● **ASSIGNMENT**:
Throughout the material below, count the lines that include the string "packet", then report only the resulting number.
___ PROVIDED DATA
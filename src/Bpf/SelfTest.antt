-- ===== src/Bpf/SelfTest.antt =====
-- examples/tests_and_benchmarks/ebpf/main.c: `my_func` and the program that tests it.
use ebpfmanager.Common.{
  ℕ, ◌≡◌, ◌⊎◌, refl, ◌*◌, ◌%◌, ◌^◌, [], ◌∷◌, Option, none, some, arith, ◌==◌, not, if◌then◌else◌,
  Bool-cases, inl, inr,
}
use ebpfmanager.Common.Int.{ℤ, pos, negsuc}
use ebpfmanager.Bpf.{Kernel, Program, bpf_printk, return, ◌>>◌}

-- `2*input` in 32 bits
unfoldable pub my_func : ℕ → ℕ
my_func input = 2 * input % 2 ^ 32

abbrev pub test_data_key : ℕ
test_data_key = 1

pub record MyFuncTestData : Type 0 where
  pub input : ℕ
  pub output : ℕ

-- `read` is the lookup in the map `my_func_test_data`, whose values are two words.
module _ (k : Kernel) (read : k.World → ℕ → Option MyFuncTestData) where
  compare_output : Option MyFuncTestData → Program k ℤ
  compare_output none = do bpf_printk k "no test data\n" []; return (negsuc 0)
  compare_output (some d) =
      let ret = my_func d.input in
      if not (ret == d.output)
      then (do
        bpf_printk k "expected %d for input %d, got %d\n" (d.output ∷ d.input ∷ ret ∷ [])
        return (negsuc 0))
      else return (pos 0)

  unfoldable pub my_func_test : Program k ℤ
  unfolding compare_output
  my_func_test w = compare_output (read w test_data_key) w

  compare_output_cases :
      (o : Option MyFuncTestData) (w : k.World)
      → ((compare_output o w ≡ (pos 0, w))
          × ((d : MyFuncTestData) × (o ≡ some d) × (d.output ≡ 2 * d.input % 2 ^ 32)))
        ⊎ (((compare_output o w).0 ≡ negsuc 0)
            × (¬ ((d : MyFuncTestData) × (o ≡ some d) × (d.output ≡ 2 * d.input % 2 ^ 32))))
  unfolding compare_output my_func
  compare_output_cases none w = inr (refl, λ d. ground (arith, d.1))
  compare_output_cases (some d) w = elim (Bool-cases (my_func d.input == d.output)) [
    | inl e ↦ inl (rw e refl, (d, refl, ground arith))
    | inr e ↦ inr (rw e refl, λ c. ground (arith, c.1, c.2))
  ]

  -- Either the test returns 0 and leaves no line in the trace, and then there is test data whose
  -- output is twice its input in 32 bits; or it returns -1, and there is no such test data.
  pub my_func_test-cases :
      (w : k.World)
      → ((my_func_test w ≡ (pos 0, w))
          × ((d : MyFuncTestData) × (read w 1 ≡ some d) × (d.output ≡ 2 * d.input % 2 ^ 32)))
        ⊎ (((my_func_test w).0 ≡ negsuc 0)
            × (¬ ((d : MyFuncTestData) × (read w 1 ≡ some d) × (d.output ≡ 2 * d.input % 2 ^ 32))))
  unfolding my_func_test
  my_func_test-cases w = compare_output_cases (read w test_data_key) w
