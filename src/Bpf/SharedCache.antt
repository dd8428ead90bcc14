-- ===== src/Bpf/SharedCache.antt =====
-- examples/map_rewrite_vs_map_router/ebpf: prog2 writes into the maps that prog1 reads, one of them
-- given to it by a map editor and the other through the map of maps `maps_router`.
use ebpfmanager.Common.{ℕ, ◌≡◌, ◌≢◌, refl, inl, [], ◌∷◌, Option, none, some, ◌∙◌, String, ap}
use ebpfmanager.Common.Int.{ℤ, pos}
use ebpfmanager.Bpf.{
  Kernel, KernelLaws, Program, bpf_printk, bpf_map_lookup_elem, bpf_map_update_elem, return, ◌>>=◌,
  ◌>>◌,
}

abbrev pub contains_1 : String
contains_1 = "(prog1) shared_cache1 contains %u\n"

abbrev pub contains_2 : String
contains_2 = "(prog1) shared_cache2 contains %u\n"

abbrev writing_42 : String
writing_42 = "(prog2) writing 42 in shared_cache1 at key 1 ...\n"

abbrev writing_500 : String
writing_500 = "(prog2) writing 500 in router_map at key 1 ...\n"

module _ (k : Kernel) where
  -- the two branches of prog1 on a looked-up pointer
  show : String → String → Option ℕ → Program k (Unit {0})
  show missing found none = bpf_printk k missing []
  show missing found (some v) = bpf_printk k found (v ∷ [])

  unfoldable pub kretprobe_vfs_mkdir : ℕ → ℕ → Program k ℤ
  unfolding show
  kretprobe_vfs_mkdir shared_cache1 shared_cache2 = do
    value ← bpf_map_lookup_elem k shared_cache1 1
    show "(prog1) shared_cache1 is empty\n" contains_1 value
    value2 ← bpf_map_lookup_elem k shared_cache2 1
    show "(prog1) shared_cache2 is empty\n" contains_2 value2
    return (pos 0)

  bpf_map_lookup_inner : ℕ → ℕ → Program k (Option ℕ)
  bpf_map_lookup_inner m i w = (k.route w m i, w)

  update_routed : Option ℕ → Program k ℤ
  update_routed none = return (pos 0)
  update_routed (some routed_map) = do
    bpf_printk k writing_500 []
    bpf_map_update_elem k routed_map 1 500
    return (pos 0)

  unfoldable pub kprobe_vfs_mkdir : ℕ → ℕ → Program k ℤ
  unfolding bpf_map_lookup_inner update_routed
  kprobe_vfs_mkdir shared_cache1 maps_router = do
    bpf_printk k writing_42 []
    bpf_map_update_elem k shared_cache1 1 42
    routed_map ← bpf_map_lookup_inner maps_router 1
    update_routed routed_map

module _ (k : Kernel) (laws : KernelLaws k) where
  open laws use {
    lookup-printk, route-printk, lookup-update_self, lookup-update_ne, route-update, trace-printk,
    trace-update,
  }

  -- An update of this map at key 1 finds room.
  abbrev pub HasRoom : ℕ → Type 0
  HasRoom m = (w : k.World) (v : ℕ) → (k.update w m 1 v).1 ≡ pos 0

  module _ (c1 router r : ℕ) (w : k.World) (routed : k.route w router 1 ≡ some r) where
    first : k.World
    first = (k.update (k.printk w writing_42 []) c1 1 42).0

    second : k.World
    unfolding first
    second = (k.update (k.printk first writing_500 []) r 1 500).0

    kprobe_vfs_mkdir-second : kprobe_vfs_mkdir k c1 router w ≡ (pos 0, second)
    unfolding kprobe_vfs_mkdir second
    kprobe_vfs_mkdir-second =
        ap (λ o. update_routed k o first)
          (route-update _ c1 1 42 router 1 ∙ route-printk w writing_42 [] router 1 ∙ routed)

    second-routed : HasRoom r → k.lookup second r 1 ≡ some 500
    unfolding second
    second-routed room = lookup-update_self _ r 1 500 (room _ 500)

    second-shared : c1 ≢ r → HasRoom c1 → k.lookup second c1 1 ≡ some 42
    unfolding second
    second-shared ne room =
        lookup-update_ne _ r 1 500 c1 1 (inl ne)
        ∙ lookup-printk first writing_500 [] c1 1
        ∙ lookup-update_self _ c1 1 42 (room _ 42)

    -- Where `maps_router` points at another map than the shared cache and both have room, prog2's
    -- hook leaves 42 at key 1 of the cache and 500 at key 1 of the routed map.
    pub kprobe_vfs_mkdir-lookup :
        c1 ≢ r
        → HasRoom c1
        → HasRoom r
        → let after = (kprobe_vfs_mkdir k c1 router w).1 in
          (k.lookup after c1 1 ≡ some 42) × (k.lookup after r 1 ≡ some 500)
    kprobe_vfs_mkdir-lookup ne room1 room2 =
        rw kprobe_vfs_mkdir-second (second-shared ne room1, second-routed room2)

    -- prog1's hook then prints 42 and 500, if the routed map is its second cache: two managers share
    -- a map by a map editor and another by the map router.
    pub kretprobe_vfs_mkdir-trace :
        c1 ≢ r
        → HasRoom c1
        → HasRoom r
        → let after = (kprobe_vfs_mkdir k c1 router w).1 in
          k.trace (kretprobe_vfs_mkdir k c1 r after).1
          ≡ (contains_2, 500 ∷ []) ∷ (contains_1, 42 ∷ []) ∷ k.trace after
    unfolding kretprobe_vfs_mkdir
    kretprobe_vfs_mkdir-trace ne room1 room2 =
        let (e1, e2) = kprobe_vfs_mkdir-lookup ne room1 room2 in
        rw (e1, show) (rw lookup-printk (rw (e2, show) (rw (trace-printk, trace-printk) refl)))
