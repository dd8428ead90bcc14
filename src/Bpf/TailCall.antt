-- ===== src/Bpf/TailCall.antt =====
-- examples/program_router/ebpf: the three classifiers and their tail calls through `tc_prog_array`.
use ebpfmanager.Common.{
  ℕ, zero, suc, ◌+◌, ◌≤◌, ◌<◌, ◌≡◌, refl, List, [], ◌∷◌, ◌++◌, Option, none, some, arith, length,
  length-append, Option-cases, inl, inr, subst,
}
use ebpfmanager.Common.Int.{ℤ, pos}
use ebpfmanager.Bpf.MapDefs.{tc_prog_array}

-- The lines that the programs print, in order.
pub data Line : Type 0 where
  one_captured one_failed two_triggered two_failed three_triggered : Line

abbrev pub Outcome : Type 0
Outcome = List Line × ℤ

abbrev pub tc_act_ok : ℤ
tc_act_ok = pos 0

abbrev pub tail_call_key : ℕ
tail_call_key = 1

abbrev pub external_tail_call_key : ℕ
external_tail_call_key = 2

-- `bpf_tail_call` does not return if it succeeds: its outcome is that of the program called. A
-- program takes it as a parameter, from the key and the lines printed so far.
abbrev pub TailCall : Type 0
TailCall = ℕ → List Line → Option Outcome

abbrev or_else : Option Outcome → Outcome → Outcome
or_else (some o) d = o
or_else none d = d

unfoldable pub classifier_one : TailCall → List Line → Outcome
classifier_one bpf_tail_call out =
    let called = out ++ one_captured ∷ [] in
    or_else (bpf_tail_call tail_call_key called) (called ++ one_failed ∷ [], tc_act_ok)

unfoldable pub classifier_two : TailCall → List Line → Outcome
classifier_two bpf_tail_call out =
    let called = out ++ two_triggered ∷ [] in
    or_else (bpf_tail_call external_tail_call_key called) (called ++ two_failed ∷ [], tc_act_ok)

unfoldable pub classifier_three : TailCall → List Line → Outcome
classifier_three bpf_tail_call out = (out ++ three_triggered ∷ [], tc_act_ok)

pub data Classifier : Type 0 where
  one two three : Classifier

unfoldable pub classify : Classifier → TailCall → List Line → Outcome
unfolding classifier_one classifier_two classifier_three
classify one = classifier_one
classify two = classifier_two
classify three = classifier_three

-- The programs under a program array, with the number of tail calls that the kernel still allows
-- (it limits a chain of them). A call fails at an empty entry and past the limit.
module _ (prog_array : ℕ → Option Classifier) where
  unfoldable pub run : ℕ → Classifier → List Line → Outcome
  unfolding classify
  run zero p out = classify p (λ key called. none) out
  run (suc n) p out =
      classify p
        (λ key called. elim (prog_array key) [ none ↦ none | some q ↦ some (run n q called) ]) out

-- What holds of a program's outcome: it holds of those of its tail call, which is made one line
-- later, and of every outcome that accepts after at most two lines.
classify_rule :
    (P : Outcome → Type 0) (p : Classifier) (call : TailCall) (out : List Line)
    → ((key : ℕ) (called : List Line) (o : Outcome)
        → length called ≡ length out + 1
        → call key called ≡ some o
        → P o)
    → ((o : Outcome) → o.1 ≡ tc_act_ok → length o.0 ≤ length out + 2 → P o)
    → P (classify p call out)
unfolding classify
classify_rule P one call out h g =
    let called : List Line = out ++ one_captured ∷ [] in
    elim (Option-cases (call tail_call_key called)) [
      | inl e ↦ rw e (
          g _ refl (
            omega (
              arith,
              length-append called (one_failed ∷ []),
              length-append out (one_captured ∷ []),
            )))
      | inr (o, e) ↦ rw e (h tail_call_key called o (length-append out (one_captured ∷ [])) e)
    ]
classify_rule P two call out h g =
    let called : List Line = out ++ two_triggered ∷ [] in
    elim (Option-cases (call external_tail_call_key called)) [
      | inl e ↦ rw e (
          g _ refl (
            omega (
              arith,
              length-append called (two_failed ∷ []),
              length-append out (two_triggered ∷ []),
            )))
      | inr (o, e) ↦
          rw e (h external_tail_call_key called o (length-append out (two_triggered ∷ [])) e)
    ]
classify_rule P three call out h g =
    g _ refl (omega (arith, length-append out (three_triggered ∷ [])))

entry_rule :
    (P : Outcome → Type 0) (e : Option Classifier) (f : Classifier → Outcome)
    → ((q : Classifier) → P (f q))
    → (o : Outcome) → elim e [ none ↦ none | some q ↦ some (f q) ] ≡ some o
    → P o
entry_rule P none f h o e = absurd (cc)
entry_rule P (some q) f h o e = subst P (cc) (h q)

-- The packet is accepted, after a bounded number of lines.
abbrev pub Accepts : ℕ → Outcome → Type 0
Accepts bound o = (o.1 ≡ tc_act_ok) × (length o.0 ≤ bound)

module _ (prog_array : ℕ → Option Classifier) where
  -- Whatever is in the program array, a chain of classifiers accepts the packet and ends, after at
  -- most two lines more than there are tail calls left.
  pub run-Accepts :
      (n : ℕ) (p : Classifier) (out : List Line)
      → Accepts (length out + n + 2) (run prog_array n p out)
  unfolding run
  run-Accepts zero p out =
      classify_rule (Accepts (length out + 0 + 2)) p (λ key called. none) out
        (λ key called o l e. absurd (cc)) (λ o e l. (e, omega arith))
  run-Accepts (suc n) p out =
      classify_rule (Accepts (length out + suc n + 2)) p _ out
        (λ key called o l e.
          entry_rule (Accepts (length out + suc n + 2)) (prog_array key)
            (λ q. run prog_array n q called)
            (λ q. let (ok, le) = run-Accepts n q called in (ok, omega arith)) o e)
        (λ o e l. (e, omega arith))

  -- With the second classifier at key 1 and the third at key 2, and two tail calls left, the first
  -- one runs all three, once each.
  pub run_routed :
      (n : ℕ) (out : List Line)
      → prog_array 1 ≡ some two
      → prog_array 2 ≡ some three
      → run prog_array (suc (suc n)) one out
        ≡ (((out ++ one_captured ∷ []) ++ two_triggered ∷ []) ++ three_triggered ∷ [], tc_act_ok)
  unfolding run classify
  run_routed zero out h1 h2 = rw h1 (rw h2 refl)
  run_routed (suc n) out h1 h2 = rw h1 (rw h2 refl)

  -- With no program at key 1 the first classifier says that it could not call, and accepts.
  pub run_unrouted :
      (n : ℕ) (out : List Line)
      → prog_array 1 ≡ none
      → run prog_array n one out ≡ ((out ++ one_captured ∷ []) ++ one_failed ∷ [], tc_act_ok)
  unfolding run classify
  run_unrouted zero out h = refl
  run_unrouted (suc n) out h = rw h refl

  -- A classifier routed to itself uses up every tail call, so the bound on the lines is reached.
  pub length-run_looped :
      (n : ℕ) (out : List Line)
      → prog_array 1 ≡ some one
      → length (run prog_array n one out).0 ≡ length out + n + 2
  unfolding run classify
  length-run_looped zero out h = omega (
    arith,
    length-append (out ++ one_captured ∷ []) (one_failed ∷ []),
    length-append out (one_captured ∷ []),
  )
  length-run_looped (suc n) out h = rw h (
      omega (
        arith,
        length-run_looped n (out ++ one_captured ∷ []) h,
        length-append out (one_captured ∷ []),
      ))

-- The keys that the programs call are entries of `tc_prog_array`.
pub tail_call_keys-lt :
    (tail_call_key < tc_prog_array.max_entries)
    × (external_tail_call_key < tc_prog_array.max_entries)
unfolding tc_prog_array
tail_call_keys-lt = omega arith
______
___ PROVIDED DATA
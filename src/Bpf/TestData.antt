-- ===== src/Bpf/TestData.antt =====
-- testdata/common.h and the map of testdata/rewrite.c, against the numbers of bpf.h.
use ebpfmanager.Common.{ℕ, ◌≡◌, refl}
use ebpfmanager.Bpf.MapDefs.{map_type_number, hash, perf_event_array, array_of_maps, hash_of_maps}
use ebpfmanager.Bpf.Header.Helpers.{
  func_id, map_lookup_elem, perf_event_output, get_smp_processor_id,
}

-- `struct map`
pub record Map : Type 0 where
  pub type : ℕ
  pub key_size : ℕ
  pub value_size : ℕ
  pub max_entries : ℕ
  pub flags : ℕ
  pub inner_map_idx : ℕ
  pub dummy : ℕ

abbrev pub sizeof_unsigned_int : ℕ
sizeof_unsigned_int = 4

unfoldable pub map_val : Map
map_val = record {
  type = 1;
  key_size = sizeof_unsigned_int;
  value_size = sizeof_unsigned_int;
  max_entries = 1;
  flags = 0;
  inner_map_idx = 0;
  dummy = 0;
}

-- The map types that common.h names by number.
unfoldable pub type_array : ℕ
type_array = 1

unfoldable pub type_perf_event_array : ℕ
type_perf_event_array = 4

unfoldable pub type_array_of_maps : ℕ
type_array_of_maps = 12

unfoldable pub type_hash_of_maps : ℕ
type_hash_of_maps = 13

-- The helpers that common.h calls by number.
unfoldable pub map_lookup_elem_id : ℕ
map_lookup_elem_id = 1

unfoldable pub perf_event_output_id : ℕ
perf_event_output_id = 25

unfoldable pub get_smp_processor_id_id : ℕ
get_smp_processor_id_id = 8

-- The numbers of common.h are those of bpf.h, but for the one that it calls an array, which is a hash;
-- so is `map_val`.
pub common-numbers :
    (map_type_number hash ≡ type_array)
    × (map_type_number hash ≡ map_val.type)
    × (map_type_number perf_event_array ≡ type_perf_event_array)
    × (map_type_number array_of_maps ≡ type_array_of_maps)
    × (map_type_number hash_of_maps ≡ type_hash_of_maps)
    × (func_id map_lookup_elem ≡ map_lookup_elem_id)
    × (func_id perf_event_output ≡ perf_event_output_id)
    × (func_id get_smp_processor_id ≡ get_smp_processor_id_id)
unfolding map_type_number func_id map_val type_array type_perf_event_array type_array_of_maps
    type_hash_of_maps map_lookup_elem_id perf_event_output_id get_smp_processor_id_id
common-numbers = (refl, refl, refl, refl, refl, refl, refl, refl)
______
___ PROVIDED DATA
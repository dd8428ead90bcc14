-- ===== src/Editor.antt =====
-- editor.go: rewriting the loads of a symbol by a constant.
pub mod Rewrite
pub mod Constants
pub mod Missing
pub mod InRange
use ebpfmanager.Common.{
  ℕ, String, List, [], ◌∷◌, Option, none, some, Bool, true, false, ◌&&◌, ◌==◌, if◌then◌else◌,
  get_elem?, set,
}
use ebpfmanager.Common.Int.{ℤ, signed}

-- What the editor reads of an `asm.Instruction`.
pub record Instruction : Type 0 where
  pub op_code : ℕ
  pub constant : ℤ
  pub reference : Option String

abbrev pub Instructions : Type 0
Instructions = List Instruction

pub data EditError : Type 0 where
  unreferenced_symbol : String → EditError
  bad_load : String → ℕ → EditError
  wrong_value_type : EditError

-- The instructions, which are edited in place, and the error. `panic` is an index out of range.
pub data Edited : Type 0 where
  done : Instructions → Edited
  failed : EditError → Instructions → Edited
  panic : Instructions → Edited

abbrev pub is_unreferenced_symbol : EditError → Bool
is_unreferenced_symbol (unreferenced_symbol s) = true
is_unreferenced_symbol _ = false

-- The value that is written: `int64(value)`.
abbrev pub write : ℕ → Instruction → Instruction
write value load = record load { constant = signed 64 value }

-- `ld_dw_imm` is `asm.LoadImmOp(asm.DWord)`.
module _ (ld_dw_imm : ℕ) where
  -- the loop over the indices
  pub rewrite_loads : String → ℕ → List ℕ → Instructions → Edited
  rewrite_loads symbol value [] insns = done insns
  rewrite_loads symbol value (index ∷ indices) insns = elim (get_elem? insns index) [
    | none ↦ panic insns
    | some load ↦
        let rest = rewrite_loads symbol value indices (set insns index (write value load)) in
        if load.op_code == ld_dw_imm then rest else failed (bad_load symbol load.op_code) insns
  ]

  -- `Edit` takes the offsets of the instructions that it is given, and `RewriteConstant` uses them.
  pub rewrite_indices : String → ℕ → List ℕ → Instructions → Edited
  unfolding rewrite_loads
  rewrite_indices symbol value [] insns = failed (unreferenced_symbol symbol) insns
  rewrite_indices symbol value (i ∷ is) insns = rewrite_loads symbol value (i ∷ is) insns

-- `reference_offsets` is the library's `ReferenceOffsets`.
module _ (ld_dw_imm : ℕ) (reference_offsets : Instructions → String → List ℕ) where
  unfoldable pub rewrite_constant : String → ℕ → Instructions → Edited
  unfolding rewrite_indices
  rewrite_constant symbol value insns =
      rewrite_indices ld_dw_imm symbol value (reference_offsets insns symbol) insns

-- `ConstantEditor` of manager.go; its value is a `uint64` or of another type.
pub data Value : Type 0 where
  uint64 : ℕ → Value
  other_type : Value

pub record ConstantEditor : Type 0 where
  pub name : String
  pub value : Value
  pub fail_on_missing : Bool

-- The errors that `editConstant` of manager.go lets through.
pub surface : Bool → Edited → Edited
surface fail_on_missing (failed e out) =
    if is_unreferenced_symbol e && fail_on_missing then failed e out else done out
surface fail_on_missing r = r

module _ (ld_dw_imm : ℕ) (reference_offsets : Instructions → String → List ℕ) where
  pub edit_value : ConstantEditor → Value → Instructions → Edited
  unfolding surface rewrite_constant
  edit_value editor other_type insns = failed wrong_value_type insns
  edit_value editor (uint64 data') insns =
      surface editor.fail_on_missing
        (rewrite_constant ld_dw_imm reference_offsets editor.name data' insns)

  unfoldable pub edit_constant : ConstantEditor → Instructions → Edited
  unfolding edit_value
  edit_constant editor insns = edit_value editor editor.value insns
______
● **OUTPUT OF THE EXERCISE**:
2